Pharmacodynamics - receptors Flashcards
What are drug concentrations calculated in? Why?
Molarity
Because it looks at the number of molecules per L
How is molarity calculated?
g/L
___
Mr
What are the different units of molarity?
molar, M
millimolar, mM
micromolar, muM
nanomolar, nM
picomolar, pM
How do you get from molar to millimolar?
Multiply by 1000
How do you get from millimolar to molar?
Divide by 1000
What is a ligand?
A molecule or ion that binds specifically to a receptor
How do ligands interact with receptors?
Bind to receptors
and then dissociate from the receptor
What is the proportion of ligands that bind to receptors?
Enough to reach equilibrium in the reversible reaction
ligand + receptor ligand-receptor complex
What are the effects that a ligand can have on a receptor once it’s bound to it?
Can activate it
Can just bind to it with no other effect
What are the types of ligands based on the effect they have on the receptor?
Agonists - activate the receptor
Antagonists - bind to the receptor, block it from agonists
What must a ligand have in order to bind to its receptor?
It must have affinity for the receptor
What is affinity?
The ability of the ligand to bind to its receptor
What must a ligand have in order to activate its receptor
Intrinsic efficacy
What is intrinsic efficacy?
The ability of the ligand to activate its receptor
What must a ligand have in order to bring about a cell response?
Efficacy
What is efficacy?
The ability of the ligand to bring about a larger cell response
What are the factors of efficacy?
Intrinsic efficacy
Other factors inside the cell, tissue etc.

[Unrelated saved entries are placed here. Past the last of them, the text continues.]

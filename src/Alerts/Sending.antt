-- ===== src/Alerts/Sending.antt =====
-- The delivery of alerts to channels, with the cooldown, in backend/app/services/analytics_service.py.
-- The HTTP client with the decryption is a field of Mailer, and so is `sanitize_error`.
use multi_tenant_agentic_wor.Base.{
  ℕ, suc, ◌+◌, ◌-◌, ◌*◌, String, Bool, true, false, not, ◌&&◌, Option, none, some, List, [], ◌∷◌,
  ◌++◌, ◌==◌, if◌then◌else◌, leb, is_empty, length, take, find_where, select_where, count_where,
  Result, ok, err, ◌>>=◌, nat_eq, string_eq,
}
use multi_tenant_agentic_wor.Base.Json
use multi_tenant_agentic_wor.Base.Json.{Json, Fields}
use multi_tenant_agentic_wor.Tables.{
  AlertCode, Route, AlertChannel, Delivery, alert_code_eq, severity_eq,
}
use multi_tenant_agentic_wor.Store.{World}
use multi_tenant_agentic_wor.Texts.{Texts, first_chars}
use multi_tenant_agentic_wor.Health.{Alert}
use multi_tenant_agentic_wor.Automation.{clean_message}
use multi_tenant_agentic_wor.Alerts.{AlertError, Policy, get_alert_policy, matched_alerts}

-- `_get_dispatch_alert_channel`.
unfoldable pub find_channel : World → ℕ → ℕ → Option AlertChannel
find_channel w tenant i =
    find_where (λ c. c.id == i && c.tenant_id == tenant && c.is_active) w.alert_channels

abbrev pub is_own_channel : ℕ → Option ℕ → Bool
is_own_channel channel none = false
is_own_channel channel (some i) = i == channel

abbrev pub is_recent_delivery : ℕ → ℕ → AlertCode → ℕ → Delivery → Bool
is_recent_delivery tenant channel code cutoff d =
    d.tenant_id == tenant
    && is_own_channel channel d.channel_id
    && d.alert_code == code
    && leb cutoff d.created_at

-- `_alert_is_in_cooldown`.
unfoldable pub is_in_cooldown : World → ℕ → ℕ → AlertCode → ℕ → ℕ → Bool
is_in_cooldown w tenant channel code minutes now = not (
    leb
      (count_where (is_recent_delivery tenant channel code (now - minutes * 60)) w.alert_deliveries)
      0)

-- What a delivery reports: whether it succeeded, the code of the response, the error.
pub record Notice : Type 0 where
  pub delivered : Bool
  pub status_code : Option ℕ
  pub error_message : Option String

abbrev pub or_text : String → String → String
or_text s other = if s == "" then other else s

-- `str(channel.config_preview.get("url") or route.target)`, where a URL is a text.
abbrev pub target_preview : Option Json → String → String
target_preview (some (Json.str s)) target = or_text s target
target_preview _ target = target

-- `DispatchAlertDeliveryResponse`.
pub record DeliveryReport : Type 0 where
  pub attempted : ℕ
  pub delivered : ℕ
  pub failed : ℕ
  pub skipped : ℕ
  pub items : List Delivery

abbrev pub empty_delivery_report : DeliveryReport
empty_delivery_report = record { attempted = 0; delivered = 0; failed = 0; skipped = 0; items = [] }

-- `post` is `pinned_http_request` with the decrypted configuration of the channel: the status code and
-- the text of the response, or the text of what it raises, and the world after it.
pub record Mailer : Type 0 where
  pub post : Json → List Alert → World → Result String (ℕ × String) × World
  pub clean : String → String

module _ (m : Mailer) where
  -- `_deliver_webhook_notification`.
  unfoldable pub notice_of : Result String (ℕ × String) → Notice
  notice_of (err e) = record {
    delivered = false;
    status_code = none;
    error_message = some (m.clean e);
  }
  notice_of (ok (code, body)) =
      if leb 400 code
      then record {
        delivered = false;
        status_code = some code;
        error_message = some (m.clean (or_text (first_chars 500 body) "Webhook delivery failed."));
      }
      else record { delivered = true; status_code = some code; error_message = none }

  unfoldable pub notify : AlertChannel → List Alert → World → Notice × World
  unfolding notice_of
  notify c alerts w =
      let (reply, w') = m.post c.encrypted_config alerts w in
      if c.channel_type == "webhook" then (notice_of reply, w') else (
        record {
          delivered = false;
          status_code = none;
          error_message = some "Unsupported dispatch alert channel.";
        },
        w,
      )

  abbrev pub new_delivery : ℕ → ℕ → AlertChannel → Route → Notice → World → Alert → Delivery
  new_delivery tenant now c route n w a = record {
    id = w.next_id;
    tenant_id = tenant;
    channel_id = some c.id;
    alert_code = a.code;
    channel_type = c.channel_type;
    target_preview = target_preview (Json.get "url" c.config_preview) route.target;
    status = if n.delivered then "delivered" else "failed";
    status_code = n.status_code;
    error_message = clean_message m.clean n.error_message;
    created_at = now;
  }

  unfoldable pub record_delivery :
      ℕ
      → ℕ
      → AlertChannel
      → Route
      → Notice
      → Alert
      → World × DeliveryReport
      → World × DeliveryReport
  record_delivery tenant now c route n a (w, r) =
      let d = new_delivery tenant now c route n w a in
      (
        record w { alert_deliveries = w.alert_deliveries ++ d ∷ []; next_id = suc w.next_id },
        record r {
          attempted = r.attempted + 1;
          delivered = if n.delivered then r.delivered + 1 else r.delivered;
          failed = if n.delivered then r.failed else r.failed + 1;
          items = r.items ++ d ∷ [];
        },
      )

  unfoldable pub record_deliveries :
      ℕ
      → ℕ
      → AlertChannel
      → Route
      → Notice
      → List Alert
      → World × DeliveryReport
      → World × DeliveryReport
  unfolding record_delivery
  record_deliveries tenant now c route n [] s = s
  record_deliveries tenant now c route n (a ∷ alerts) s =
      record_deliveries tenant now c route n alerts (record_delivery tenant now c route n a s)

  -- The alerts that the cooldown holds back for a channel.
  abbrev pub is_held : Bool → World → ℕ → ℕ → ℕ → ℕ → Alert → Bool
  is_held enforce w tenant channel minutes now a =
      enforce && is_in_cooldown w tenant channel a.code minutes now

  unfoldable pub send :
      ℕ → ℕ → Route → AlertChannel → List Alert → World → DeliveryReport → World × DeliveryReport
  unfolding notify record_deliveries
  send tenant now route c [] w r = (w, r)
  send tenant now route c (a ∷ alerts) w r =
      let (n, w') = notify c (a ∷ alerts) w in
      record_deliveries tenant now c route n (a ∷ alerts) (w', r)

  unfoldable pub deliver_to :
      Bool
      → ℕ
      → ℕ
      → ℕ
      → List Alert
      → Route
      → Option AlertChannel
      → World
      → DeliveryReport
      → World × DeliveryReport
  unfolding is_in_cooldown send
  deliver_to enforce tenant minutes now alerts route none w r =
      (w, record r { skipped = r.skipped + length alerts })
  deliver_to enforce tenant minutes now alerts route (some c) w r =
      send tenant now route c
        (select_where (λ a. not (is_held enforce w tenant c.id minutes now a)) alerts) w
        (record r {
          skipped = r.skipped + count_where (is_held enforce w tenant c.id minutes now) alerts;
        })

  abbrev pub channel_of : World → ℕ → Route → Option AlertChannel
  channel_of w tenant route = elim route.credential_id [
    | none ↦ none
    | some i ↦ find_channel w tenant i
  ]

  unfoldable pub deliver_routes :
      Bool → ℕ → ℕ → ℕ → List Alert → List Route → World → DeliveryReport → World × DeliveryReport
  unfolding find_channel deliver_to
  deliver_routes enforce tenant minutes now alerts [] w r = (w, r)
  deliver_routes enforce tenant minutes now alerts (route ∷ routes) w r =
      let s =
        if route.enabled
        then deliver_to enforce tenant minutes now alerts route (channel_of w tenant route) w r
        else (w, r) in
      deliver_routes enforce tenant minutes now alerts routes s.0 s.1

  -- The time of a row is that of the start of its transaction.
  unfoldable pub deliver_matched : Bool → ℕ → Policy → List Alert → World → World × DeliveryReport
  unfolding deliver_routes
  deliver_matched enforce tenant p alerts w =
      if p.enabled && not (is_empty alerts)
      then deliver_routes enforce tenant p.cooldown_minutes w.clock alerts p.channels w
          empty_delivery_report
      else (w, empty_delivery_report)

  unfoldable pub deliver_dispatch_alerts :
      Texts → Bool → World → ℕ → ℕ → Result AlertError (World × DeliveryReport)
  unfolding get_alert_policy matched_alerts deliver_matched
  deliver_dispatch_alerts t enforce w tenant hours = do
    p ← get_alert_policy w tenant
    ok (deliver_matched enforce tenant p (matched_alerts t w tenant hours p) w)

-- `order_by(created_at.desc())`.
unfoldable pub insert_delivery : Delivery → List Delivery → List Delivery
insert_delivery x [] = x ∷ []
insert_delivery x (y ∷ ys) =
    let rest = insert_delivery x ys in
    if leb y.created_at x.created_at then x ∷ y ∷ ys else y ∷ rest

unfoldable pub order_deliveries : List Delivery → List Delivery
unfolding insert_delivery
order_deliveries [] = []
order_deliveries (x ∷ xs) = insert_delivery x (order_deliveries xs)

unfoldable pub list_deliveries : World → ℕ → ℕ → List Delivery
unfolding order_deliveries
list_deliveries w tenant limit =
    take limit (order_deliveries (select_where (λ d. d.tenant_id == tenant) w.alert_deliveries))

Do agonists and antagonists have affinity?
Yes
because both bind to their receptor
Do agonists and antagonists have intrinsic efficacy?
Only agonists do, because only agonists activate the receptor
not antagonists
Do agonists and antagonists have efficacy?
Only agonists do, because only agonists activate the receptor to start off the process of bringing about the cell response
not antagonists
Why do antagonists not have efficacy?
Because they cannot activate the receptor
so it can’t interact with effector proteins
no cell response
What shape does a graph of x axis-drug concentration against y axis-receptor saturation look like?
Rectangular hyperbola
What is Bmax?
Maximum binding of receptors
What is Kd?
Drug concentration that gives half of Bmax
What does Kd measure? How?
Measures affinitiy of drug
The lower the Kd, means lower concentration of drug required to bind to half of the receptors, so drug has higher affinity for receptor
and oppositely too
What shape does a logarithmic graph of x axis-drug concentration against y axis-receptor saturation look like?
Sigmoidal curve
What is the difference between concentration and dose?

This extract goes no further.